-- Opening Marker --

-- ===== src/Gateway/Literals.antt =====
-- The string literals of src/gpibsrv/gpibsrv.c.
use jornada_gpib.Prelude.{ℕ, List, [], ◌∷◌}

-- "addr"
abbrev pub word_addr : List ℕ
word_addr = 0x61 ∷ 0x64 ∷ 0x64 ∷ 0x72 ∷ []

-- "auto"
abbrev pub word_auto : List ℕ
word_auto = 0x61 ∷ 0x75 ∷ 0x74 ∷ 0x6f ∷ []

-- "eoi"
abbrev pub word_eoi : List ℕ
word_eoi = 0x65 ∷ 0x6f ∷ 0x69 ∷ []

-- "eos"
abbrev pub word_eos : List ℕ
word_eos = 0x65 ∷ 0x6f ∷ 0x73 ∷ []

-- "read_tmo_ms"
abbrev pub word_read_tmo_ms : List ℕ
word_read_tmo_ms = 0x72 ∷ 0x65 ∷ 0x61 ∷ 0x64 ∷ 0x5f ∷ 0x74 ∷ 0x6d ∷ 0x6f ∷ 0x5f ∷ 0x6d ∷ 0x73 ∷ []

-- "read"
abbrev pub word_read : List ℕ
word_read = 0x72 ∷ 0x65 ∷ 0x61 ∷ 0x64 ∷ []

-- "ifc"
abbrev pub word_ifc : List ℕ
word_ifc = 0x69 ∷ 0x66 ∷ 0x63 ∷ []

-- "clr"
abbrev pub word_clr : List ℕ
word_clr = 0x63 ∷ 0x6c ∷ 0x72 ∷ []

-- "trg"
abbrev pub word_trg : List ℕ
word_trg = 0x74 ∷ 0x72 ∷ 0x67 ∷ []

-- "loc"
abbrev pub word_loc : List ℕ
word_loc = 0x6c ∷ 0x6f ∷ 0x63 ∷ []

-- "llo"
abbrev pub word_llo : List ℕ
word_llo = 0x6c ∷ 0x6c ∷ 0x6f ∷ []

-- "spoll"
abbrev pub word_spoll : List ℕ
word_spoll = 0x73 ∷ 0x70 ∷ 0x6f ∷ 0x6c ∷ 0x6c ∷ []

-- "srq"
abbrev pub word_srq : List ℕ
word_srq = 0x73 ∷ 0x72 ∷ 0x71 ∷ []

-- "ver"
abbrev pub word_ver : List ℕ
word_ver = 0x76 ∷ 0x65 ∷ 0x72 ∷ []

-- "mode"
abbrev pub word_mode : List ℕ
word_mode = 0x6d ∷ 0x6f ∷ 0x64 ∷ 0x65 ∷ []

-- "rst"
abbrev pub word_rst : List ℕ
word_rst = 0x72 ∷ 0x73 ∷ 0x74 ∷ []

-- "savecfg"
abbrev pub word_savecfg : List ℕ
word_savecfg = 0x73 ∷ 0x61 ∷ 0x76 ∷ 0x65 ∷ 0x63 ∷ 0x66 ∷ 0x67 ∷ []

-- "help"
abbrev pub word_help : List ℕ
word_help = 0x68 ∷ 0x65 ∷ 0x6c ∷ 0x70 ∷ []

-- "quit"
abbrev pub word_quit : List ℕ
word_quit = 0x71 ∷ 0x75 ∷ 0x69 ∷ 0x74 ∷ []

-- "lines"
abbrev pub word_lines : List ℕ
word_lines = 0x6c ∷ 0x69 ∷ 0x6e ∷ 0x65 ∷ 0x73 ∷ []

-- VERSION_TEXT "\n"
abbrev pub version_text : List ℕ
version_text =
    0x6a ∷ 0x6f ∷ 0x72 ∷ 0x6e ∷ 0x61 ∷ 0x64 ∷ 0x61 ∷ 0x2d ∷ 0x67 ∷ 0x70 ∷ 0x69 ∷ 0x62 ∷ 0x20 ∷ 0x67
    ∷ 0x61 ∷ 0x74 ∷ 0x65 ∷ 0x77 ∷ 0x61 ∷ 0x79 ∷ 0x20 ∷ 0x30 ∷ 0x2e ∷ 0x33 ∷ 0x20 ∷ 0x28 ∷ 0x50
    ∷ 0x72 ∷ 0x6f ∷ 0x6c ∷ 0x6f ∷ 0x67 ∷ 0x69 ∷ 0x78 ∷ 0x20 ∷ 0x47 ∷ 0x50 ∷ 0x49 ∷ 0x42 ∷ 0x2d
    ∷ 0x45 ∷ 0x54 ∷ 0x48 ∷ 0x45 ∷ 0x52 ∷ 0x4e ∷ 0x45 ∷ 0x54 ∷ 0x20 ∷ 0x63 ∷ 0x6f ∷ 0x6d ∷ 0x70
    ∷ 0x61 ∷ 0x74 ∷ 0x69 ∷ 0x62 ∷ 0x6c ∷ 0x65 ∷ 0x29 ∷ 0xa ∷ []

-- The text of ++help.
abbrev pub help_text : List ℕ
help_text =
    0x2b ∷ 0x2b ∷ 0x61 ∷ 0x64 ∷ 0x64 ∷ 0x72 ∷ 0x20 ∷ 0x2b ∷ 0x2b ∷ 0x61 ∷ 0x75 ∷ 0x74 ∷ 0x6f ∷ 0x20
    ∷ 0x2b ∷ 0x2b ∷ 0x65 ∷ 0x6f ∷ 0x69 ∷ 0x20 ∷ 0x2b ∷ 0x2b ∷ 0x65 ∷ 0x6f ∷ 0x73 ∷ 0x20 ∷ 0x2b
    ∷ 0x2b ∷ 0x72 ∷ 0x65 ∷ 0x61 ∷ 0x64 ∷ 0x20 ∷ 0x2b ∷ 0x2b ∷ 0x72 ∷ 0x65 ∷ 0x61 ∷ 0x64 ∷ 0x5f
    ∷ 0x74 ∷ 0x6d ∷ 0x6f ∷ 0x5f ∷ 0x6d ∷ 0x73 ∷ 0x20 ∷ 0x2b ∷ 0x2b ∷ 0x69 ∷ 0x66 ∷ 0x63 ∷ 0x20
    ∷ 0x2b ∷ 0x2b ∷ 0x63 ∷ 0x6c ∷ 0x72 ∷ 0x20 ∷ 0x2b ∷ 0x2b ∷ 0x74 ∷ 0x72 ∷ 0x67 ∷ 0x20 ∷ 0x2b
    ∷ 0x2b ∷ 0x6c ∷ 0x6f ∷ 0x63 ∷ 0x20 ∷ 0x2b ∷ 0x2b ∷ 0x6c ∷ 0x6c ∷ 0x6f ∷ 0x20 ∷ 0x2b ∷ 0x2b
    ∷ 0x73 ∷ 0x70 ∷ 0x6f ∷ 0x6c ∷ 0x6c ∷ 0x20 ∷ 0x2b ∷ 0x2b ∷ 0x73 ∷ 0x72 ∷ 0x71 ∷ 0x20 ∷ 0x2b
    ∷ 0x2b ∷ 0x76 ∷ 0x65 ∷ 0x72 ∷ 0x20 ∷ 0x2b ∷ 0x2b ∷ 0x6d ∷ 0x6f ∷ 0x64 ∷ 0x65 ∷ 0x20 ∷ 0x2b
    ∷ 0x2b ∷ 0x72 ∷ 0x73 ∷ 0x74 ∷ 0xa ∷ []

-- Closing Marker --

Could you transcribe the entries above word for word, from the line with "abbrev pub word_read : List ℕ" down to the line with "0x64 ∷ 0x20", keeping both?

abbrev pub word_read : List ℕ
word_read = 0x72 ∷ 0x65 ∷ 0x61 ∷ 0x64 ∷ []

-- "ifc"
abbrev pub word_ifc : List ℕ
word_ifc = 0x69 ∷ 0x66 ∷ 0x63 ∷ []

-- "clr"
abbrev pub word_clr : List ℕ
word_clr = 0x63 ∷ 0x6c ∷ 0x72 ∷ []

-- "trg"
abbrev pub word_trg : List ℕ
word_trg = 0x74 ∷ 0x72 ∷ 0x67 ∷ []

-- "loc"
abbrev pub word_loc : List ℕ
word_loc = 0x6c ∷ 0x6f ∷ 0x63 ∷ []

-- "llo"
abbrev pub word_llo : List ℕ
word_llo = 0x6c ∷ 0x6c ∷ 0x6f ∷ []

-- "spoll"
abbrev pub word_spoll : List ℕ
word_spoll = 0x73 ∷ 0x70 ∷ 0x6f ∷ 0x6c ∷ 0x6c ∷ []

-- "srq"
abbrev pub word_srq : List ℕ
word_srq = 0x73 ∷ 0x72 ∷ 0x71 ∷ []

-- "ver"
abbrev pub word_ver : List ℕ
word_ver = 0x76 ∷ 0x65 ∷ 0x72 ∷ []

-- "mode"
abbrev pub word_mode : List ℕ
word_mode = 0x6d ∷ 0x6f ∷ 0x64 ∷ 0x65 ∷ []

-- "rst"
abbrev pub word_rst : List ℕ
word_rst = 0x72 ∷ 0x73 ∷ 0x74 ∷ []

-- "savecfg"
abbrev pub word_savecfg : List ℕ
word_savecfg = 0x73 ∷ 0x61 ∷ 0x76 ∷ 0x65 ∷ 0x63 ∷ 0x66 ∷ 0x67 ∷ []

-- "help"
abbrev pub word_help : List ℕ
word_help = 0x68 ∷ 0x65 ∷ 0x6c ∷ 0x70 ∷ []

-- "quit"
abbrev pub word_quit : List ℕ
word_quit = 0x71 ∷ 0x75 ∷ 0x69 ∷ 0x74 ∷ []

-- "lines"
abbrev pub word_lines : List ℕ
word_lines = 0x6c ∷ 0x69 ∷ 0x6e ∷ 0x65 ∷ 0x73 ∷ []

-- VERSION_TEXT "\n"
abbrev pub version_text : List ℕ
version_text =
    0x6a ∷ 0x6f ∷ 0x72 ∷ 0x6e ∷ 0x61 ∷ 0x64 ∷ 0x61 ∷ 0x2d ∷ 0x67 ∷ 0x70 ∷ 0x69 ∷ 0x62 ∷ 0x20 ∷ 0x67
    ∷ 0x61 ∷ 0x74 ∷ 0x65 ∷ 0x77 ∷ 0x61 ∷ 0x79 ∷ 0x20 ∷ 0x30 ∷ 0x2e ∷ 0x33 ∷ 0x20 ∷ 0x28 ∷ 0x50
    ∷ 0x72 ∷ 0x6f ∷ 0x6c ∷ 0x6f ∷ 0x67 ∷ 0x69 ∷ 0x78 ∷ 0x20 ∷ 0x47 ∷ 0x50 ∷ 0x49 ∷ 0x42 ∷ 0x2d
    ∷ 0x45 ∷ 0x54 ∷ 0x48 ∷ 0x45 ∷ 0x52 ∷ 0x4e ∷ 0x45 ∷ 0x54 ∷ 0x20 ∷ 0x63 ∷ 0x6f ∷ 0x6d ∷ 0x70
    ∷ 0x61 ∷ 0x74 ∷ 0x69 ∷ 0x62 ∷ 0x6c ∷ 0x65 ∷ 0x29 ∷ 0xa ∷ []

-- The text of ++help.
abbrev pub help_text : List ℕ
help_text =
    0x2b ∷ 0x2b ∷ 0x61 ∷ 0x64 ∷ 0x64 ∷ 0x72 ∷ 0x20 ∷ 0x2b ∷ 0x2b ∷ 0x61 ∷ 0x75 ∷ 0x74 ∷ 0x6f ∷ 0x20
    ∷ 0x2b ∷ 0x2b ∷ 0x65 ∷ 0x6f ∷ 0x69 ∷ 0x20 ∷ 0x2b ∷ 0x2b ∷ 0x65 ∷ 0x6f ∷ 0x73 ∷ 0x20 ∷ 0x2b
    ∷ 0x2b ∷ 0x72 ∷ 0x65 ∷ 0x61 ∷ 0x64 ∷ 0x20 ∷ 0x2b ∷ 0x2b ∷ 0x72 ∷ 0x65 ∷ 0x61 ∷ 0x64 ∷ 0x5f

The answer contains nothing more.